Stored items
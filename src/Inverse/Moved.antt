-- ===== src/Inverse/Moved.antt =====
-- `fatinversemove` keeps the inverse table the inverse of the successors.
use libllfat.Prelude.{ℕ, none, List, set}
use libllfat.Prelude.Int.{ℤ, pos}
use libllfat.Units.Host.{Host}
use libllfat.Units.Io.{SimulatedError}
use libllfat.Fs.State.{Fat}
use libllfat.Table.Place.{Layout}
use libllfat.Table.Succ.{Represents}
use libllfat.Reference.Target.{chain}
use libllfat.Reference.Renames.{IsHeld}
use libllfat.Reference.Moved.{IsMovable}
use libllfat.Inverse.Slots.{Slot, slot, clear}
use libllfat.Inverse.Moves.{follow_all}
use libllfat.Inverse.Stores.{stored}
use libllfat.Inverse.Renamed.{IsInverse}
use libllfat.Inverse.Kept.{IsMoved, movable}

module _ (last : ℕ) (v : ℕ → ℤ) (rev : List Slot) (p c t : ℕ) (inverse : IsInverse last v rev)
    (m : IsMoved last v rev p c t) where
  abbrev free_ok : IsMovable last v p c t
  free_ok = movable last v rev p c t inverse m

  moved_slot : Slot
  moved_slot = record { reference = chain (pos p); isdir = (slot rev c).isdir }

  -- The table after each of the three changes.
  first : List Slot
  first = set (follow_all c t rev) t moved_slot

  second : List Slot
  second = stored first (chain (pos t)) none (v c)

  third : List Slot
  third = clear second (pos c)

module _ {h : Host} (errors : List SimulatedError) (l : Layout) (nfat last : ℕ) (v : ℕ → ℤ)
    (f : Fat h) (r : Represents errors l nfat last v f) (rev : List Slot)
    (inverse : IsInverse last v rev) (p c t : ℕ) (m : IsMoved last v rev p c t)
    (held : IsHeld f c) where
  ok : IsMovable last v p c t
  ok = movable last v rev p c t inverse m
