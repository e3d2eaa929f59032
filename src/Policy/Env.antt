-- ===== src/Policy/Env.antt =====
-- The environment variables that gate the checks: phronesis_env_truthy and phronesis_policy_deny_all
-- of policy.c.
use phronesis.Base.{Bool, ◌||◌}
use phronesis.Base.CString.{Bytes, CString, codes, or_empty, strcmp_eq}

-- getenv
abbrev pub Env : Type 0
Env = Bytes → CString

truthy_value : Bytes → Bool
truthy_value v =
    strcmp_eq v (codes "1")
    || strcmp_eq v (codes "true")
    || strcmp_eq v (codes "yes")
    || strcmp_eq v (codes "TRUE")
    || strcmp_eq v (codes "YES")

-- An unset or an empty variable compares equal to no literal.
unfoldable pub env_truthy : Env → Bytes → Bool
unfolding truthy_value
env_truthy getenv name = truthy_value (or_empty (getenv name))

unfoldable pub policy_deny_all : Env → Bool
unfolding env_truthy
policy_deny_all getenv = env_truthy getenv (codes "PHRONESIS_DENY_ALL")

Assignment =
Every line above should be reproduced precisely.

Answer for the task =
filename src/Inverse/Moved.antt
-- ===== src/Inverse/Moved.antt =====
-- `fatinversemove` keeps the inverse table the inverse of the successors.
use libllfat.Prelude.{ℕ, none, List, set}
use libllfat.Prelude.Int.{ℤ, pos}
use libllfat.Units.Host.{Host}
use libllfat.Units.Io.{SimulatedError}
use libllfat.Fs.State.{Fat}
use libllfat.Table.Place.{Layout}
use libllfat.Table.Succ.{Represents}
use libllfat.Reference.Target.{chain}
use libllfat.Reference.Renames.{IsHeld}
use libllfat.Reference.Moved.{IsMovable}
use libllfat.Inverse.Slots.{Slot, slot, clear}
use libllfat.Inverse.Moves.{follow_all}
use libllfat.Inverse.Stores.{stored}
use libllfat.Inverse.Renamed.{IsInverse}
use libllfat.Inverse.Kept.{IsMoved, movable}

module _ (last : ℕ) (v : ℕ → ℤ) (rev : List Slot) (p c t : ℕ) (inverse : IsInverse last v rev)
    (m : IsMoved last v rev p c t) where
  abbrev free_ok : IsMovable last v p c t
  free_ok = movable last v rev p c t inverse m

  moved_slot : Slot
  moved_slot = record { reference = chain (pos p); isdir = (slot rev c).isdir }

  -- The table after each of the three changes.
  first : List Slot
  first = set (follow_all c t rev) t moved_slot

  second : List Slot
  second = stored first (chain (pos t)) none (v c)

  third : List Slot
  third = clear second (pos c)

module _ {h : Host} (errors : List SimulatedError) (l : Layout) (nfat last : ℕ) (v : ℕ → ℤ)
    (f : Fat h) (r : Represents errors l nfat last v f) (rev : List Slot)
    (inverse : IsInverse last v rev) (p c t : ℕ) (m : IsMoved last v rev p c t)
    (held : IsHeld f c) where
  ok : IsMovable last v p c t
  ok = movable last v rev p c t inverse m
repository e3d2eaa929f59032
filename src/Policy/Env.antt
-- ===== src/Policy/Env.antt =====
-- The environment variables that gate the checks: phronesis_env_truthy and phronesis_policy_deny_all
-- of policy.c.
use phronesis.Base.{Bool, ◌||◌}
use phronesis.Base.CString.{Bytes, CString, codes, or_empty, strcmp_eq}

-- getenv
abbrev pub Env : Type 0
Env = Bytes → CString

truthy_value : Bytes → Bool
truthy_value v =
    strcmp_eq v (codes "1")
    || strcmp_eq v (codes "true")
    || strcmp_eq v (codes "yes")
    || strcmp_eq v (codes "TRUE")
    || strcmp_eq v (codes "YES")

-- An unset or an empty variable compares equal to no literal.
unfoldable pub env_truthy : Env → Bytes → Bool
unfolding truthy_value
env_truthy getenv name = truthy_value (or_empty (getenv name))

unfoldable pub policy_deny_all : Env → Bool
unfolding env_truthy
policy_deny_all getenv = env_truthy getenv (codes "PHRONESIS_DENY_ALL")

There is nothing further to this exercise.